If the management team of CORTIS is reading this: make better music. Invest in producers and engineers. Hold back on touring and send them into the studios for full-length albums containing songs longer than 3 minutes. Get them to write their own lyrics. Get them on reality shows or make in-house content that demonstrates their group dynamics as well as their individual colours, the intricacies of their personalities. Create backstories that go beyond “I’m hot and I’m a surfer boy from SoCal and I part-time at Hollister”. The kind that sets them apart, gives them arcs that makes them feel real, gives people someone to root for and someone they see themselves in. Invest in a robust bond, within the group and with the fans. Hold back on fan signs, merch lines, and pop-ups, anything that smells like hasty financial exploitation. Allow fans to have the breathing space to relate, appreciate and dedicate.
And most direly: stay away from AI.
Perhaps this ushering in of idols born in the 2010s is what catalysed a new term for a specific ambience in fanquan: “盛大的落幕感”, feelings of a grand epilogue. I watched compilation videos of idol songs that evoke this kind of symphonic, reverberating melancholia that is also tinged with vitality. Something that refuses to be put down without a scream, something raging against the dying of the light, something that must curse as its last words.

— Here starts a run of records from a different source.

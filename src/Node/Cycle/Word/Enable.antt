-- ===== src/Node/Cycle/Word/Enable.antt =====
-- cpp/src/epos_control/src/epos_motor_node.cpp: the loop and the drive together, from a drive that has
-- started to one in operation.
use motor_control.Base.{
  ℕ, ◌+◌, ◌*◌, ◌≤◌, ◌<◌, ◌≡◌, ◌∙◌, ◌⊎◌, inl, inr, Bool, true, false, List, [], ◌∷◌, length, arith,
}
use motor_control.Double.{Double}
use motor_control.Ethercat.Pdo.{InPdo, OutPdo}
use motor_control.Ethercat.Cia402.{
  control_shutdown, control_switch_on, control_enable_operation, is_fault, next_control_word,
}
use motor_control.Ethercat.Cia402.States.{
  IsDisabled, IsReady, IsSwitchedOn, IsEnabled, disabled_word, ready_word, switched_word,
  enabled_word,
}
use motor_control.Node.State.{Node}
use motor_control.Node.Cycle.Timing.{CycleTime}
use motor_control.Node.Cycle.Mode.{enable_wanted}
use motor_control.Node.Cycle.Finish.{control_of}
use motor_control.Node.Cycle.Safe.{good_round}
use motor_control.Node.Cycle.Word.Rounds.{round-Decided}
use motor_control.Node.Cycle.{rt_cycle}

-- The drive, which is not part of the program, from one exchange of process data to the next: what it
-- sends in the exchange, what the next exchange makes of it, which brings it the output data of the
-- round between the two, and whether a fault or a loss of power has moved it in the last exchange.
pub record Drive (S : Type 0) : Type 0 where
  pub inputs : S → InPdo
  pub next : OutPdo → S → S
  pub disturbed : S → Bool

module _ {S : Type 0} (drive : Drive S) where
  abbrev pub status_of : S → ℕ
  status_of s = (drive.inputs s).status_word

  -- A transition that the control word `word` asks for, out of the states of `From`: a drive that is
  -- not disturbed makes it, or stays and has fewer exchanges to wait.
  abbrev pub Answers : (S → ℕ) → ℕ → (ℕ → Type 0) → (ℕ → Type 0) → Type 0
  Answers delay word From To =
      (s : S) (out : OutPdo)
      → From (status_of s)
      → out.control_word ≡ word
      → drive.disturbed (drive.next out s) ≡ false
      → To (status_of (drive.next out s))
        ⊎ (From (status_of (drive.next out s)) × (delay (drive.next out s) < delay s))

  -- The transitions 2, 3 and 4 of CiA 402, which lead to operation, each after at most `limit` more
  -- exchanges, and operation, which only a disturbance or another control word ends.
  pub record Responds (limit : ℕ) : Type 0 where
    pub delay : S → ℕ
    pub in_time : (s : S) → delay s ≤ limit
    pub shutdown : Answers delay control_shutdown IsDisabled IsReady
    pub switch_on : Answers delay control_switch_on IsReady IsSwitchedOn
    pub enable : Answers delay control_enable_operation IsSwitchedOn IsEnabled
    pub stay :
        (s : S) (out : OutPdo)
        → IsEnabled (status_of s)
        → out.control_word ≡ control_enable_operation
        → drive.disturbed (drive.next out s) ≡ false
        → IsEnabled (status_of (drive.next out s))

  module _ {F : Type 0} ⦃d : Double F⦄ where
    -- A round of the loop on what the drive sends, and then the drive on what the round wrote.
    abbrev pub turn : CycleTime × ℕ → Node F × S → Node F × S
    turn (time, w) (n, s) =
        let m = rt_cycle (good_round time w (drive.inputs s)) n in (m, drive.next m.out s)

    abbrev pub turns : List (CycleTime × ℕ) → Node F × S → Node F × S
    turns [] x = x
    turns (t ∷ ts) x = turns ts (turn t x)

    -- The word of a round without a fault, and the wish that it keeps.
    turn-word :
        (t : CycleTime × ℕ) (n : Node F) (s : S)
        → enable_wanted n ≡ true
        → is_fault (status_of s) ≡ false
        → ((turn t (n, s)).0.out.control_word ≡ next_control_word (status_of s) true)
          × (enable_wanted (turn t (n, s)).0 ≡ true)
    unfolding control_of
    turn-word t n s wish sound =
        let done = round-Decided t.0 t.1 (drive.inputs s) n in
        (ground (arith, done.word, wish, sound), done.wish ∙ wish)

    -- Nothing disturbs the drive over the rounds.
    abbrev pub Undisturbed : List (CycleTime × ℕ) → Node F × S → Type 0
    Undisturbed [] x = Unit
    Undisturbed (t ∷ ts) x = (drive.disturbed (turn t x).1 ≡ false) × Undisturbed ts (turn t x)

    module _ {limit : ℕ} (doc : Responds limit) where
      stays-IsEnabled :
          (ts : List (CycleTime × ℕ)) (n : Node F) (s : S)
          → enable_wanted n ≡ true
          → IsEnabled (status_of s)
          → Undisturbed ts (n, s)
          → IsEnabled (status_of (turns ts (n, s)).1)
      stays-IsEnabled [] n s wish here calm = here
      stays-IsEnabled (t ∷ ts) n s wish here calm =
          let (sound, word) = enabled_word (status_of s) here in
          let (sent, still) = turn-word t n s wish sound in
          let x = turn t (n, s) in
          stays-IsEnabled ts x.0 x.1 still (doc.stay s x.0.out here (sent ∙ word) calm.0) calm.1

  module _ (F : Type 0) ⦃d : Double F⦄ where
    -- Operation is reached in at most `left` rounds from a state of the drive.
    abbrev Reaches : ℕ → (ℕ → Type 0) → Type 0
    Reaches left From =
        (ts : List (CycleTime × ℕ)) (n : Node F) (s : S)
        → enable_wanted n ≡ true
        → From (status_of s)
        → Undisturbed ts (n, s)
        → left ≤ length ts
        → IsEnabled (status_of (turns ts (n, s)).1)

  -- The states of `From` are no fault, and the program answers them by `word`.
  abbrev Asks : ℕ → (ℕ → Type 0) → Type 0
  Asks word From =
      (status : ℕ)
      → From status
      → (is_fault status ≡ false) × (next_control_word status true ≡ word)

  module _ {F : Type 0} ⦃d : Double F⦄ where
    module _ {limit : ℕ} (doc : Responds limit) where
      -- One transition more.
      through :
          (word left : ℕ) (From To : ℕ → Type 0)
          → Asks word From
          → Answers doc.delay word From To
          → Reaches F left To
          → (ts : List (CycleTime × ℕ)) (n : Node F) (s : S) → enable_wanted n ≡ true
          → From (status_of s)
          → Undisturbed ts (n, s)
          → doc.delay s + 1 + left ≤ length ts
          → IsEnabled (status_of (turns ts (n, s)).1)
      through word left From To asks answers rest [] n s wish here calm long = absurd (omega arith)
      through word left From To asks answers rest (t ∷ ts) n s wish here calm long =
          let (sound, next) = asks (status_of s) here in
          let (sent, still) = turn-word t n s wish sound in
          let x = turn t (n, s) in
          elim (answers s x.0.out here (sent ∙ next) calm.0) [
            | inl there ↦ rest ts x.0 x.1 still there calm.1 (omega (arith, long))
            | inr waits ↦
                through word left From To asks answers rest ts x.0 x.1 still waits.0 calm.1
                  (omega (arith, long, waits.1))
          ]

      -- The same for any drive in the state, however long it still waits.
      one_more :
          (word left : ℕ) (From To : ℕ → Type 0)
          → Asks word From
          → Answers doc.delay word From To
          → Reaches F left To
          → Reaches F (limit + 1 + left) From
      one_more word left From To asks answers rest ts n s wish here calm long =
          through word left From To asks answers rest ts n s wish here calm
            (omega (arith, long, doc.in_time s))

      IsEnabled-Reaches : Reaches F 0 IsEnabled
      IsEnabled-Reaches ts n s wish here calm long = stays-IsEnabled doc ts n s wish here calm

      IsSwitchedOn-Reaches : Reaches F (limit + 1 + 0) IsSwitchedOn
      IsSwitchedOn-Reaches =
          one_more control_enable_operation 0 IsSwitchedOn IsEnabled switched_word doc.enable
            IsEnabled-Reaches

      IsReady-Reaches : Reaches F (limit + 1 + (limit + 1 + 0)) IsReady
      IsReady-Reaches =
          one_more control_switch_on (limit + 1 + 0) IsReady IsSwitchedOn ready_word doc.switch_on
            IsSwitchedOn-Reaches

    -- With a wish to enable, and a drive in switch on disabled that, as long as nothing
    -- disturbs it, makes each of the three transitions that the control words ask for, after at
    -- most `limit` more exchanges, and stays in operation as long as the word asks for it:
    -- after 3 * (limit + 1) rounds that exchange process data, or more, over which nothing
    -- disturbs the drive, it is in operation. The output data of a round reach the drive in the
    -- exchange of the next one.
    pub drive-IsEnabled :
        (limit : ℕ) (doc : Responds limit) (ts : List (CycleTime × ℕ)) (n : Node F) (s : S)
        → enable_wanted n ≡ true
        → IsDisabled (status_of s)
        → Undisturbed ts (n, s)
        → 3 * (limit + 1) ≤ length ts
        → IsEnabled (status_of (turns ts (n, s)).1)
    drive-IsEnabled limit doc ts n s wish disabled calm long =
        one_more doc control_shutdown (limit + 1 + (limit + 1 + 0)) IsDisabled IsReady disabled_word
          doc.shutdown (IsReady-Reaches doc) ts n s wish disabled calm (omega (arith, long))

They nominate songs like ITZY’s Imaginary Friend and SEVENTEEN’s Fallin’ Flower (a personal favourite), analysing that “落幕感” is popular because everyone experiences grief and finds grieving relatable. It’s true.
But I wonder what else is behind this longing for an emphatic exit. Another video has lived in my Favourites folder (also known as AF source material folder) for a while, a simply incredible piece of fandom artefact. It’s a recording of a Chinese fan’s conversation with the teammate of her ex-idol (both South Koreans), after she un-fanned. She bumped into him by chance and he recognised her. They talked, for the first time, on equal footing, human to human.
“Are you well? I haven’t seen you in a long time.” The teammate asked, using the informal grammar in Korean. His voice was altered to protect his identity.
“Yeah, I just un-fanned.” She chuckled.
“Huh, you’re still alive?” The teammate quipped.
“Of course! Is he[ex-idol] alive?”
“Who is he?”
They both laughed.
You should watch the whole video to feel how easy and unpretentious the interaction felt. Only a fan would know how impossible this is when you’re still a fan. It is only on the other side of love that love could be as tender as indifference.
They go on to talk about how 2-minute fan signs are bullshit, and that there’s no opportunity for a heart-to-heart conversation even when you’ve known each other as a fan and an idol for 5 years. There’s no space for genuine connections, authenticity, a moment of interest in its purest, etymological sense: inter esse, to be between one another, standing on common ground.
She wrote in a postscript that it is only then that she saw who he really was, someone smaller than life, just like her.
That’s why fandom is currently obsessed with finales: with closure comes true understanding. With closure comes something real.




Retail collapsing whilst consumerism skyrockets feels like it must mean something. (What that is remains unclear.)